→ **Your instructions**
In the data below, find the line that contains "pub ip_same : l'.companion_ip" and the line that contains "receive_loop_ends zero link". Copy both, plus every line between them, exactly.

--- START ---

-- ===== src/Companion/Receive.antt =====
-- The receiving loop of Source/CompanionLink.c: its rounds and its response.
use ddtsoft_net_test.Base.{
  ℕ, zero, suc, ◌+◌, ◌-◌, ◌<◌, ◌≡◌, arith, true, false, none, some, ltb, Bool-cases, Option-cases,
  inl, inr, ◌∙◌, sym, ℕ_discrete, min, Bytes, copy_mem, store8,
}
use ddtsoft_net_test.Efi.{success, timeout, efi_error}
use ddtsoft_net_test.Companion.{
  Link, Driver, Printer, inspect, copy_length, fill_response, receive_loop, receive_response,
}

-- `response` is the payload of a frame that the driver delivered and that is a message from the
-- companion, cut to `size - 1` bytes, with a NUL behind it.
pub record IsDelivered {W : Type 0} (d : Driver W) (link : Link) (response : Bytes) (size : ℕ)
    : Type 0 where
  pub at : W
  pub no_error : efi_error (d.receive at).0.status ≡ false
  pub o : ℕ
  pub n : ℕ
  pub accepted : (inspect link (d.receive at).0).payload ≡ some (o, n)
  pub copied : (k : ℕ) → k < min n (size - 1) → response k ≡ (d.receive at).0.rx_buf (o + k)
  pub ended : response (min n (size - 1)) ≡ 0

fill_response_at :
    (response b : Bytes) (size o n k : ℕ)
    → k < min n (size - 1)
    → fill_response response size b o n k ≡ b (o + k)
unfolding fill_response copy_length copy_mem store8
fill_response_at response b size o n k h = ground arith

fill_response_end :
    (response b : Bytes) (size o n : ℕ) → fill_response response size b o n (min n (size - 1)) ≡ 0
unfolding fill_response copy_length copy_mem store8
fill_response_end response b size o n = ground arith

-- The rounds of the loop.
module _ {W : Type 0} (d : Driver W) (p : Printer) (fuel : ℕ) (link : Link) (b : Bytes)
    (size t e f i u : ℕ) (w : W) where
  pub loop_over :
      ltb e t ≡ false
      → receive_loop d p (suc fuel) link b size t e (f, i, u) w
        ≡ some (timeout, record link { status_msg = p.rx_counts f i u t }, b, w)
  unfolding receive_loop
  loop_over h = ground (arith, h)

  pub loop_idle :
      ltb e t ≡ true
      → efi_error (d.receive w).0.status ≡ true
      → receive_loop d p (suc fuel) link b size t e (f, i, u) w
        ≡ receive_loop d p fuel link b size t (e + 2) (f, i, u) (d.stall 2000 (d.receive w).1)
  unfolding receive_loop
  loop_idle h g = ground (arith, h, g)

  pub loop_other :
      ltb e t ≡ true
      → efi_error (d.receive w).0.status ≡ false
      → (inspect link (d.receive w).0).payload ≡ none
      → receive_loop d p (suc fuel) link b size t e (f, i, u) w
        ≡ receive_loop d p fuel link b size t e
            (
              f + 1,
              i + (inspect link (d.receive w).0).is_ipv4,
              u + (inspect link (d.receive w).0).is_udp,
            )
            (d.receive w).1
  unfolding receive_loop
  loop_other h g o = ground (arith, h, g, o)

  pub loop_message :
      (o n : ℕ)
      → ltb e t ≡ true
      → efi_error (d.receive w).0.status ≡ false
      → (inspect link (d.receive w).0).payload ≡ some (o, n)
      → receive_loop d p (suc fuel) link b size t e (f, i, u) w
        ≡ some (success, link, fill_response b size (d.receive w).0.rx_buf o n, (d.receive w).1)
  unfolding receive_loop
  loop_message o n h g m = ground (arith, h, g, m)

module _ {W : Type 0} (d : Driver W) (p : Printer) where
  receive_loop-IsDelivered :
      (fuel : ℕ) (link : Link) (b : Bytes) (size t e f i u : ℕ) (w : W) (link' : Link)
      (response : Bytes) (w' : W)
      → receive_loop d p fuel link b size t e (f, i, u) w ≡ some (success, link', response, w')
      → IsDelivered d link response size
  receive_loop-IsDelivered zero link b size t e f i u w l' r' w' h =
      absurd (unfold receive_loop in ground (arith, h))
  receive_loop-IsDelivered (suc fuel) link b size t e f i u w l' r' w' h =
      let got = d.receive w in
      let found = inspect link got.0 in
      elim (Bool-cases (ltb e t)) [
        | inr over ↦ absurd (ground (arith, loop_over d p fuel link b size t e f i u w over, h))
        | inl early ↦ elim (Bool-cases (efi_error got.0.status)) [
          | inl bad ↦
              receive_loop-IsDelivered fuel link b size t (e + 2) f i u (d.stall 2000 got.1) l' r'
                w' (sym (loop_idle d p fuel link b size t e f i u w early bad) ∙ h)
          | inr good ↦ elim (Option-cases found.payload) [
            | inl other ↦
                receive_loop-IsDelivered fuel link b size t e (f + 1) (i + found.is_ipv4)
                  (u + found.is_udp) got.1 l' r' w'
                  (sym (loop_other d p fuel link b size t e f i u w early good other) ∙ h)
            | inr ((o, n), at) ↦
                let filled : fill_response b size got.0.rx_buf o n ≡ r' =
                  ground
                    (arith, loop_message d p fuel link b size t e f i u w o n early good at, h) in
                record {
                  at = w;
                  no_error = good;
                  o = o;
                  n = n;
                  accepted = at;
                  copied = λ k lt. rw (← filled) (fill_response_at b got.0.rx_buf size o n k lt);
                  ended = rw (← filled) (fill_response_end b got.0.rx_buf size o n);
                }
          ]
        ]
      ]

  -- A success of CompanionReceiveResponse means that the driver delivered a message from the
  -- companion. The response is its payload, cut to one byte less than the buffer, with a NUL behind.
  pub receive_response-IsDelivered :
      (fuel : ℕ) (link : Link) (b : Bytes) (size t : ℕ) (w : W) (link' : Link) (response : Bytes)
      (w' : W)
      → receive_response d p fuel link b size t w ≡ some (success, link', response, w')
      → IsDelivered d link response size
  unfolding receive_response
  receive_response-IsDelivered fuel link b size t w l' r' w' h = elim (ℕ_discrete size 0) [
    | yes z ↦ absurd (ground (arith, z, h))
    | no nz ↦
        receive_loop-IsDelivered fuel link (store8 b 0 0) size t 0 0 0 0 (d.receive_filters w) l' r'
          w' (ground (arith, nz, h))
  ]
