-- ===== src/Companion/Ends.antt =====
-- The receiving loop of Source/CompanionLink.c and its end.
use ddtsoft_net_test.Base.{
  ℕ, zero, suc, ◌+◌, ◌-◌, ◌≤◌, ◌<◌, ◌≡◌, ◌∙◌, refl, arith, true, false, none, some, ltb, ℕ_discrete,
  ap, Bool-cases, Option-cases, ◌⊎◌, inl, inr, Bytes, store8,
}
use ddtsoft_net_test.Efi.{
  EfiStatus, success, unsupported, not_ready, invalid_parameter, timeout, efi_error,
}
use ddtsoft_net_test.Runner.{Text}
use ddtsoft_net_test.Companion.{Link, Driver, Printer, inspect, receive_loop, receive_response}
use ddtsoft_net_test.Companion.Receive.{loop_over, loop_idle, loop_other, loop_message}

-- The two links have the same state and the same peer.
pub record IsSamePeer (l l' : Link) : Type 0 where
  pub state_same : l'.state ≡ l.state
  pub ip_same : l'.companion_ip ≡ l.companion_ip
  pub port_same : l'.port ≡ l.port

pub IsSamePeer-refl : (l : Link) → IsSamePeer l l
IsSamePeer-refl l = record { state_same = refl; ip_same = refl; port_same = refl }

-- Frames wait at the driver: `pending` of them, fewer with each that is received, and no more for
-- the other calls.
pub record HasPending {W : Type 0} (d : Driver W) (pending : W → ℕ) : Type 0 where
  pub receives :
      (w : W) → efi_error (d.receive w).0.status ≡ false → pending (d.receive w).1 < pending w
  pub keeps : (w : W) → pending (d.receive w).1 ≤ pending w
  pub stalls : (n : ℕ) (w : W) → pending (d.stall n w) ≤ pending w
  pub polls : (w : W) → pending (d.poll w) ≤ pending w
  pub filters : (w : W) → pending (d.receive_filters w) ≤ pending w
  pub transmits :
      (ip : Bytes) (port : ℕ) (m : Text) (w : W) → pending (d.transmit ip port m w).1 ≤ pending w
  pub cancels : (w : W) → pending (d.cancel w) ≤ pending w
  pub creates : (w : W) → pending (d.create_event w).1 ≤ pending w
  pub closes : (w : W) → pending (d.close_event w) ≤ pending w

module _ {W : Type 0} (d : Driver W) (p : Printer) (pending : W → ℕ)
    (h : HasPending d pending) where
  receive_loop_ends :
      (fuel : ℕ) (link : Link) (b : Bytes) (size t e f i u : ℕ) (w : W)
      → pending w + (t - e) < fuel
      → (s : EfiStatus) × (l' : Link) × (r' : Bytes) × (w' : W) × (receive_loop d p fuel link b size
            t e
            (f, i, u)
            w
          ≡ some (s, l', r', w'))
        × ((s ≡ success) ⊎ (s ≡ timeout))
        × (pending w' ≤ pending w)
        × IsSamePeer link l'
  receive_loop_ends zero link b size t e f i u w lt = absurd (omega arith)
  receive_loop_ends (suc fuel) link b size t e f i u w lt =
      let got = d.receive w in
      let found = inspect link got.0 in
      elim (Bool-cases (ltb e t)) [
        | inr over ↦ (
          timeout,
          _,
          _,
          _,
          loop_over d p fuel link b size t e f i u w over,
          inr refl,
          omega arith,
          record { state_same = refl; ip_same = refl; port_same = refl },
        )
        | inl early ↦ elim (Bool-cases (efi_error got.0.status)) [
          | inl bad ↦
              let (s, l', r', w', run, end, less, same) =
                receive_loop_ends fuel link b size t (e + 2) f i u (d.stall 2000 got.1)
                  (ground (arith, early, h.stalls 2000 got.1, h.keeps w)) in
              (
                s,
                l',
                r',
                w',
                loop_idle d p fuel link b size t e f i u w early bad ∙ run,
                end,
                omega (arith, less, h.stalls 2000 got.1, h.keeps w),
                same,
              )
          | inr good ↦ elim (Option-cases found.payload) [
            | inl other ↦
                let (s, l', r', w', run, end, less, same) =
                  receive_loop_ends fuel link b size t e (f + 1) (i + found.is_ipv4)
                    (u + found.is_udp) got.1 (omega (arith, h.receives w good)) in
                (
                  s,
                  l',
                  r',
                  w',
                  loop_other d p fuel link b size t e f i u w early good other ∙ run,
                  end,
                  omega (arith, less, h.keeps w),
                  same,
                )
            | inr ((o, n), at) ↦ (
              success,
              _,
              _,
              _,
              loop_message d p fuel link b size t e f i u w o n early good at,
              inl refl,
              h.keeps w,
              IsSamePeer-refl link,
            )
          ]
        ]
      ]

  -- CompanionReceiveResponse ends if only finitely many frames wait at the driver: fuel for these and
  -- for its timeout is enough. It then reports success or an error, and leaves the link's state and
  -- its peer.
  pub receive_response_ends :
      (fuel : ℕ) (link : Link) (b : Bytes) (size t : ℕ) (w : W)
      → pending w + t < fuel
      → (s : EfiStatus) × (l' : Link) × (r' : Bytes) × (w' : W) × (receive_response d p fuel link b
            size t w
          ≡ some (s, l', r', w'))
        × ((s ≡ success) ⊎ (efi_error s ≡ true))
        × (pending w' ≤ pending w)
        × IsSamePeer link l'
  receive_response_ends fuel link b size t w lt = elim (ℕ_discrete size 0) [
    | yes z ↦ (
      invalid_parameter,
      link,
      b,
      w,
      unfold receive_response in ground (arith, z),
      inr refl,
      omega arith,
      IsSamePeer-refl link,
    )
    | no nz ↦ elim (Option-cases (d.snp w)) [
      | inl absent ↦ (
        unsupported,
        link,
        b,
        w,
        unfold receive_response in ground (arith, nz, absent),
        inr refl,
        omega arith,
        IsSamePeer-refl link,
      )
      | inr (ready, at) ↦ elim (Bool-cases ready) [
        | inr down ↦ (
          not_ready,
          link,
          b,
          w,
          unfold receive_response in ground (arith, nz, at, down),
          inr refl,
          omega arith,
          IsSamePeer-refl link,
        )
        | inl up ↦
            let (s, l', r', w', run, end, less, same) =
              receive_loop_ends fuel link (store8 b 0 0) size t 0 0 0 0 (d.receive_filters w)
                (omega (arith, h.filters w)) in
            (
              s,
              l',
              r',
              w',
              unfold receive_response in ground (arith, nz, at, up, run),
              (elim end [ inl e ↦ inl e | inr e ↦ inr (ap efi_error e) ]),
              omega (arith, less, h.filters w),
              same,
            )
      ]
    ]
  ]

module _ {W : Type 0} (d : Driver W) (p : Printer) (link : Link) where
  -- A driver that always has a frame, and never a message from the companion.
  pub record IsFlooded : Type 0 where
    pub no_error : (w : W) → efi_error (d.receive w).0.status ≡ false
    pub other : (w : W) → (inspect link (d.receive w).0).payload ≡ none

  receive_loop_starves :
      IsFlooded
      → (fuel : ℕ) (b : Bytes) (size t e f i u : ℕ) (w : W) → e < t
      → receive_loop d p fuel link b size t e (f, i, u) w ≡ none
  receive_loop_starves x zero b size t e f i u w lt = unfold receive_loop in refl
  receive_loop_starves x (suc fuel) b size t e f i u w lt =
      loop_other d p fuel link b size t e f i u w (ground arith) (x.no_error w) (x.other w)
      ∙ receive_loop_starves x fuel b size t e _ _ _ _ lt

  -- Frames that are no message take no time off the timeout: under a flood of them
  -- CompanionReceiveResponse does not end, whatever its timeout, however long it runs.
  pub receive_response_starves :
      IsFlooded
      → (fuel : ℕ) (b : Bytes) (size t : ℕ) (w : W) → d.snp w ≡ some true
      → 0 < size
      → 0 < t
      → receive_response d p fuel link b size t w ≡ none
  unfolding receive_response
  receive_response_starves x fuel b size t w up hs ht = ground (
    arith,
    up,
    receive_loop_starves x fuel (store8 b 0 0) size t 0 0 0 0 (d.receive_filters w) ht,
  )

--- END ---

→ **Task response**
  pub ip_same : l'.companion_ip ≡ l.companion_ip
  pub port_same : l'.port ≡ l.port

pub IsSamePeer-refl : (l : Link) → IsSamePeer l l
IsSamePeer-refl l = record { state_same = refl; ip_same = refl; port_same = refl }

-- Frames wait at the driver: `pending` of them, fewer with each that is received, and no more for
-- the other calls.
pub record HasPending {W : Type 0} (d : Driver W) (pending : W → ℕ) : Type 0 where
  pub receives :
      (w : W) → efi_error (d.receive w).0.status ≡ false → pending (d.receive w).1 < pending w
  pub keeps : (w : W) → pending (d.receive w).1 ≤ pending w
  pub stalls : (n : ℕ) (w : W) → pending (d.stall n w) ≤ pending w
  pub polls : (w : W) → pending (d.poll w) ≤ pending w
  pub filters : (w : W) → pending (d.receive_filters w) ≤ pending w
  pub transmits :
      (ip : Bytes) (port : ℕ) (m : Text) (w : W) → pending (d.transmit ip port m w).1 ≤ pending w
  pub cancels : (w : W) → pending (d.cancel w) ≤ pending w
  pub creates : (w : W) → pending (d.create_event w).1 ≤ pending w
  pub closes : (w : W) → pending (d.close_event w) ≤ pending w

module _ {W : Type 0} (d : Driver W) (p : Printer) (pending : W → ℕ)
    (h : HasPending d pending) where
  receive_loop_ends :
      (fuel : ℕ) (link : Link) (b : Bytes) (size t e f i u : ℕ) (w : W)
      → pending w + (t - e) < fuel
      → (s : EfiStatus) × (l' : Link) × (r' : Bytes) × (w' : W) × (receive_loop d p fuel link b size
            t e
            (f, i, u)
            w
          ≡ some (s, l', r', w'))
        × ((s ≡ success) ⊎ (s ≡ timeout))
        × (pending w' ≤ pending w)
        × IsSamePeer link l'
  receive_loop_ends zero link b size t e f i u w lt = absurd (omega arith)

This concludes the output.